As for the NLP of meetings - yes please !!!

------
lifeisstillgood
I just started a contract at a major bank, and have found an area (Dev tooling
nothing bank related!) that was missing obvious parts and dove in.

I think productivity is partly good people, good open systems and partly
leaving folks to get on and find the biggest pain points whilst not stuffing
architecture up.

I think this works for non devs too and has next to nothing to do with
productivity tools. I could have been using notepad and a shell and would have
done as much useful work.

------
petomodrak
For me is the best important tool password manager. I can't imagine my work
without it, it stores all my passwords, fills forms for me and I can focus
only on work. Currently I am using Sticky password manager because I don't
like to store my personal data to clouds. I am also using Toggl for time
tracking because I used to waste my time a lot :) .

------
garrickvanburen
All of my best projects have been effectively coordinated over email - no
other productivity tool involved.
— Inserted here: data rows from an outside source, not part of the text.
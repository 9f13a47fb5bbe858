-- ===== src/Order/Machine/Sums.antt =====
-- About runs of events: that the total of an order is the sum of its lines.
use mathlib.Core.Path.{subst}
use nestjs_order_api.Base.{
  String, Option, none, some, List, map, ◌≡◌, refl, sym, ap, ◌∙◌, arith, Bool-cases, inl, inr,
  select, eq_iff, ◌===◌,
}
use nestjs_order_api.Http.{Result, ok, err}
use nestjs_order_api.Schema.{Order, OrderItem, Product}
use nestjs_order_api.Prisma.{World, Prisma}
use nestjs_order_api.Base.Keyed.{find, update, find-update}
use nestjs_order_api.Prisma.Rows.{
  order_key, item_key, of_line, of_order, first, items_of, patch_order, with_total,
}
use nestjs_order_api.Prisma.Effects.{Oracle}
use nestjs_order_api.Prisma.Laws.{IsPrisma, IsPrisma-eq}
use nestjs_order_api.Rabbit.{Broker}
use nestjs_order_api.Rabbit.Laws.{IsBroker, IsBroker-eq}
use nestjs_order_api.Order.Cart.{AddItemDto, order_total, add_item_to_order}
use nestjs_order_api.Order.Adding.{IsAdded, add_item_to_order_success, add_item_to_order_failure}
use nestjs_order_api.Order.Machine.{Event, handle, IsOther, Event-cases, Reached, here, next}
use nestjs_order_api.Order.Machine.Keys.{Distinct}
use nestjs_order_api.Order.Machine.Bystanders.{IsUuid, Kept}
use nestjs_order_api.Order.Machine.Runs.{handle-Change}
use nestjs_order_api.Order.Machine.Consistency.{
  IsTidy, lines_after-others, handle-Kept, Reached-IsTidy,
}
use nestjs_order_api.Order.Machine.Totals.{
  IsReferring, IsTotalled, Change-stays, stays-IsReferring, Change-IsTotalled,
  lines_after-IsReferring, add_item_kept,
}

-- Each line is of an order that is there, and the total of each order is the sum of its lines.
abbrev pub IsSummed : {E : Type 0} → World E → Type 0
IsSummed w = IsReferring w.tables.orders w.tables.items × IsTotalled w.tables.orders w.tables.items

module _ {E : Type 0} (o : Oracle E) (ids : IsUuid o) where
  IsAdded-IsSummed :
      (id user fresh : String) (dto : AddItemDto) (w w' : World E)
      → IsAdded id user fresh dto w w'
      → Distinct (map item_key w.tables.items)
      → IsSummed w
      → IsSummed w'
  IsAdded-IsSummed id user fresh dto w w' added distinct (refers, totalled) =
      let existing = first (select (of_line id dto.product_id) w.tables.items) in
      let total = order_total (items_of w'.tables id) in
      let updated : (j : String)
          → find order_key j w'.tables.orders
            ≡ find order_key j
                (update order_key id (patch_order (with_total total)) w.tables.orders) =
        λ j. ap (find order_key j) added.rewritten in
      let row : (j : String)
          → find order_key j (update order_key id (patch_order (with_total total)) w.tables.orders)
            ≡ _ =
        λ j.
          find-update order_key j id (patch_order (with_total total)) (λ r. refl) w.tables.orders in
      (
        stays-IsReferring w.tables.orders w'.tables.orders w'.tables.items
            (λ j there. ground (arith, updated j, row j))
            (subst (IsReferring w.tables.orders) (sym added.lines) (
              lines_after-IsReferring w.tables.orders fresh id dto added.product.price existing
                w.tables.items refers (ground arith))),
        λ j r found. elim (Bool-cases (id === j)) [
          | inl same ↦
              let id_j : id ≡ j = ground (arith, eq_iff id j) in
              let priced : r.total ≡ total = ground (
                arith,
                added.total,
                subst (λ k. find order_key k w'.tables.orders ≡ some r) (sym id_j) found,
              ) in
              priced ∙ ap (λ k. order_total (items_of w'.tables k)) id_j
          | inr apart ↦
              let before : find order_key j w.tables.orders ≡ some r =
                ground (arith, updated j, row j) in
              let lines =
                ap (select (of_order j)) added.lines
                ∙ lines_after-others o ids fresh id j dto added.product.price w.tables.items
                    existing refl distinct apart in
              totalled j r before ∙ sym (ap order_total lines)
        ],
      )

module _ {E : Type 0} (o : Oracle E) (ids : IsUuid o) (up : (e : E) → o.fault e ≡ none)
    (p : Prisma E) (laws : IsPrisma o p) (b : Broker E) (broker_laws : IsBroker o b) where
  adds-IsSummed :
      (id user tenant : String) (dto : AddItemDto) (w : World E)
      (r : Result (OrderItem × Option Product) × World E)
      → add_item_to_order p id user dto tenant w ≡ r
      → Distinct (map item_key w.tables.items)
      → IsSummed w
      → IsSummed r.1
  adds-IsSummed id user tenant dto w (ok v, w') run distinct summed =
      IsAdded-IsSummed o ids id user _ dto w w'
        (add_item_to_order_success o p laws id user tenant dto w run) distinct summed
  adds-IsSummed id user tenant dto w (err x, w') run distinct (refers, totalled) =
      let orders = (add_item_to_order_failure o p laws id user tenant dto w run).0 in
      let items = add_item_kept o up id user tenant dto w (rw (IsPrisma-eq o p laws) at run) in
      subst (λ (t : List Order × List OrderItem). IsReferring t.0 t.1 × IsTotalled t.0 t.1)
        (sym (λ i. (orders i, items i))) (refers, totalled)

  other-IsSummed : (e : Event) → IsOther e → (w : World E) → IsSummed w → IsSummed (handle p b e w)
  other-IsSummed e other w (refers, totalled) =
      let change = handle-Change o p laws b broker_laws e other w in
      let (items, aged) : Kept o ids w (handle p b e w) =
        rw (IsPrisma-eq o p laws, IsBroker-eq o b broker_laws) (handle-Kept o ids e other w) in
      let after = (handle p b e w).tables.orders in
      subst (λ l. IsReferring after l × IsTotalled after l) (sym items)
        (
          stays-IsReferring w.tables.orders after w.tables.items
              (Change-stays w.tables.orders after change) refers,
          Change-IsTotalled w.tables.orders after w.tables.items change refers totalled,
        )

  handle-IsSummed :
      (e : Event) (w : World E) → IsTidy o ids w → IsSummed w → IsSummed (handle p b e w)
  handle-IsSummed e w (distinct, _) summed = elim (Event-cases e) [
    | inl other ↦ other-IsSummed e other w summed
    | inr (id, user, tenant, dto, same) ↦ rw same (
        adds-IsSummed id user tenant dto w (add_item_to_order p id user dto tenant w) refl distinct
          summed)
  ]

  -- If the database and the queues answer every call, the database gives each new row an id of its own,
  -- and the lines at the beginning have ids of their own that it does not give again: then whatever
  -- events run, calls of the order and product services and deliveries to the order consumers, and
  -- however they end, each order's total stays the sum of price times quantity over its lines, and
  -- each line is of an order that is there, if that was so at the beginning.
  pub Reached-IsSummed :
      {w w' : World E} → Reached p b w w' → IsTidy o ids w → IsSummed w → IsSummed w'
  Reached-IsSummed here tidy summed = summed
  Reached-IsSummed (next {u} before e) tidy summed =
      handle-IsSummed e u (Reached-IsTidy o ids p laws b broker_laws before tidy)
        (Reached-IsSummed before tidy summed)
In my experience, if a small, nimble team
can’t effectively coordinate over email - any tool will only exaggerate their
problem.

------
mollerhoj
I'm looking for a simple team task management tool (I like Flow) for the
terminal. Or better: One that works like Flow, but has both a GUI and a CLI.

------
dllthomas
I'd like a good dashboard for my life.

------
lbr
The comments are all great. And I appreciate them. But I suppose I'm most
curious about the last question: what would you have a personal assistant do,
if you had one?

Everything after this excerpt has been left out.